:: PROBLEM REQUIREMENTS ::
Your response should give back each record exactly, word for word.

(Saved data entries)
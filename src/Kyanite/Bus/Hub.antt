-- ===== src/Kyanite/Bus/Hub.antt =====
-- kyanite_legacy_hub_t and kyanite_legacy_hub_executor of src/kyanite_legacy.c, for devices that are
-- kyanite_bus_t, to which the code casts them. A device of another type, such as a legacy one, has its
-- fields at other offsets, and what the hub does to it is not modelled.
use amalgam_asm.Base.{
  ℕ, ◌+◌, ◌/◌, ◌%◌, ◌^◌, ◌==◌, not, ◌||◌, Option, none, some, List, if◌then◌else◌, get_or, set,
}
use amalgam_asm.Base.Bits.{u32, u64}
use amalgam_asm.Kyanite.Bus.{
  Bus, BusStatus, is_input, is_output, is_active, clear_input, clear_output, int_io, interrupt,
  respond_as,
}
use amalgam_asm.Kyanite.Bus.Board.{idle_status}

-- kyanite_bus_t: the address has 32 bits and the values have 64.
pub record WideBus : Type 0 where
  pub status : BusStatus
  pub bus_address : ℕ
  pub bus_in : ℕ
  pub bus_out : ℕ

abbrev pub idle_wide : WideBus
idle_wide = record { status = idle_status; bus_address = 0; bus_in = 0; bus_out = 0 }

pub record Hub : Type 0 where
  pub basic : Bus
  pub offset : List ℕ
  pub ports : List ℕ

-- The caller's bus, the hub, and the devices of the hub.
pub record Site : Type 0 where
  pub caller : Bus
  pub hub : Hub
  pub devices : List WideBus

abbrev pub set_status : Site → BusStatus → Site
set_status m s = record m { hub = record m.hub { basic = record m.hub.basic { status = s } } }

-- The port that the upper two bits of the address choose.
abbrev pub port_of : Hub → ℕ
port_of hub = hub.basic.address / 2 ^ 14 % 4

abbrev pub child_of : Hub → ℕ
child_of hub = get_or hub.ports (port_of hub) 0xff

-- `BUS_REQM` on a device behind a port.
abbrev pub request_wide : WideBus → BusStatus → ℕ → ℕ → Option WideBus
request_wide dev bits address value =
    if is_input dev.status
    then none
    else some (record dev {
      status = record dev.status {
        read = dev.status.read || bits.read;
        write = dev.status.write || bits.write;
      };
      bus_in = u64 value;
      bus_address = u32 address;
    })

pub data Stage : Type 0 where
  returned goes_on : Site → Stage

unfoldable pub absent : Site → Option Bus → Stage
absent m none = returned m
absent m (some caller) =
    returned (set_status (record m { caller = caller }) (clear_input m.hub.basic.status))

unfoldable pub forward : Site → Option WideBus → Stage
forward m none = returned m
forward m (some dev) = goes_on (
    set_status (record m { devices = set m.devices (child_of m.hub) dev })
      (clear_input m.hub.basic.status))

unfoldable pub take_input : Site → Stage
unfolding absent forward
take_input m =
    let hub = m.hub in
    let bus = hub.basic in
    if not (is_input bus.status)
    then goes_on m
    else if child_of hub == 0xff
    then absent m (interrupt m.caller int_io)
    else forward m (
        request_wide (get_or m.devices (child_of hub) idle_wide) bus.status
          (bus.address + get_or hub.offset (port_of hub) 0) bus.input)

unfoldable pub pass_on : Site → Option Bus → Site
pass_on m none = m
pass_on m (some caller) =
    set_status (record m { caller = caller }) (clear_output m.hub.basic.status)

unfoldable pub take_output : Site → Site
unfolding pass_on
take_output m =
    let bus = m.hub.basic in
    if is_output bus.status then pass_on m (respond_as m.caller bus.status bus.output) else m

unfoldable pub second_half : Stage → Site
unfolding take_output
second_half (returned m) = m
second_half (goes_on m) = take_output m

unfoldable pub hub_executor : Site → Site
unfolding take_input second_half
hub_executor m = if not (is_active m.hub.basic.status) then m else second_half (take_input m)
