-- ===== src/Util.antt =====
-- src/util.c: the containers that the assembler is written with.
pub mod Array
pub mod List
pub mod Map
pub mod Set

:: TASK RESULT ::
filename src/Kyanite/Bus/Hub.antt
-- ===== src/Kyanite/Bus/Hub.antt =====
-- kyanite_legacy_hub_t and kyanite_legacy_hub_executor of src/kyanite_legacy.c, for devices that are
-- kyanite_bus_t, to which the code casts them. A device of another type, such as a legacy one, has its
-- fields at other offsets, and what the hub does to it is not modelled.
use amalgam_asm.Base.{
  ℕ, ◌+◌, ◌/◌, ◌%◌, ◌^◌, ◌==◌, not, ◌||◌, Option, none, some, List, if◌then◌else◌, get_or, set,
}
use amalgam_asm.Base.Bits.{u32, u64}
use amalgam_asm.Kyanite.Bus.{
  Bus, BusStatus, is_input, is_output, is_active, clear_input, clear_output, int_io, interrupt,
  respond_as,
}
use amalgam_asm.Kyanite.Bus.Board.{idle_status}

-- kyanite_bus_t: the address has 32 bits and the values have 64.
pub record WideBus : Type 0 where
  pub status : BusStatus
  pub bus_address : ℕ
  pub bus_in : ℕ
  pub bus_out : ℕ

abbrev pub idle_wide : WideBus
idle_wide = record { status = idle_status; bus_address = 0; bus_in = 0; bus_out = 0 }

pub record Hub : Type 0 where
  pub basic : Bus
  pub offset : List ℕ
  pub ports : List ℕ

-- The caller's bus, the hub, and the devices of the hub.
pub record Site : Type 0 where
  pub caller : Bus
  pub hub : Hub
  pub devices : List WideBus

abbrev pub set_status : Site → BusStatus → Site
set_status m s = record m { hub = record m.hub { basic = record m.hub.basic { status = s } } }

-- The port that the upper two bits of the address choose.
abbrev pub port_of : Hub → ℕ
port_of hub = hub.basic.address / 2 ^ 14 % 4

abbrev pub child_of : Hub → ℕ
child_of hub = get_or hub.ports (port_of hub) 0xff

-- `BUS_REQM` on a device behind a port.
abbrev pub request_wide : WideBus → BusStatus → ℕ → ℕ → Option WideBus
request_wide dev bits address value =
    if is_input dev.status
    then none
    else some (record dev {
      status = record dev.status {
        read = dev.status.read || bits.read;
        write = dev.status.write || bits.write;
      };
      bus_in = u64 value;
      bus_address = u32 address;
    })

pub data Stage : Type 0 where
  returned goes_on : Site → Stage

unfoldable pub absent : Site → Option Bus → Stage
absent m none = returned m
absent m (some caller) =
    returned (set_status (record m { caller = caller }) (clear_input m.hub.basic.status))

unfoldable pub forward : Site → Option WideBus → Stage
forward m none = returned m
forward m (some dev) = goes_on (
    set_status (record m { devices = set m.devices (child_of m.hub) dev })
      (clear_input m.hub.basic.status))

unfoldable pub take_input : Site → Stage
unfolding absent forward
take_input m =
    let hub = m.hub in
    let bus = hub.basic in
    if not (is_input bus.status)
    then goes_on m
    else if child_of hub == 0xff
    then absent m (interrupt m.caller int_io)
    else forward m (
        request_wide (get_or m.devices (child_of hub) idle_wide) bus.status
          (bus.address + get_or hub.offset (port_of hub) 0) bus.input)

unfoldable pub pass_on : Site → Option Bus → Site
pass_on m none = m
pass_on m (some caller) =
    set_status (record m { caller = caller }) (clear_output m.hub.basic.status)

unfoldable pub take_output : Site → Site
unfolding pass_on
take_output m =
    let bus = m.hub.basic in
    if is_output bus.status then pass_on m (respond_as m.caller bus.status bus.output) else m

unfoldable pub second_half : Stage → Site
unfolding take_output
second_half (returned m) = m
second_half (goes_on m) = take_output m

unfoldable pub hub_executor : Site → Site
unfolding take_input second_half
hub_executor m = if not (is_active m.hub.basic.status) then m else second_half (take_input m)
-- ===== src/Util.antt =====
-- src/util.c: the containers that the assembler is written with.
pub mod Array
pub mod List
pub mod Map
pub mod Set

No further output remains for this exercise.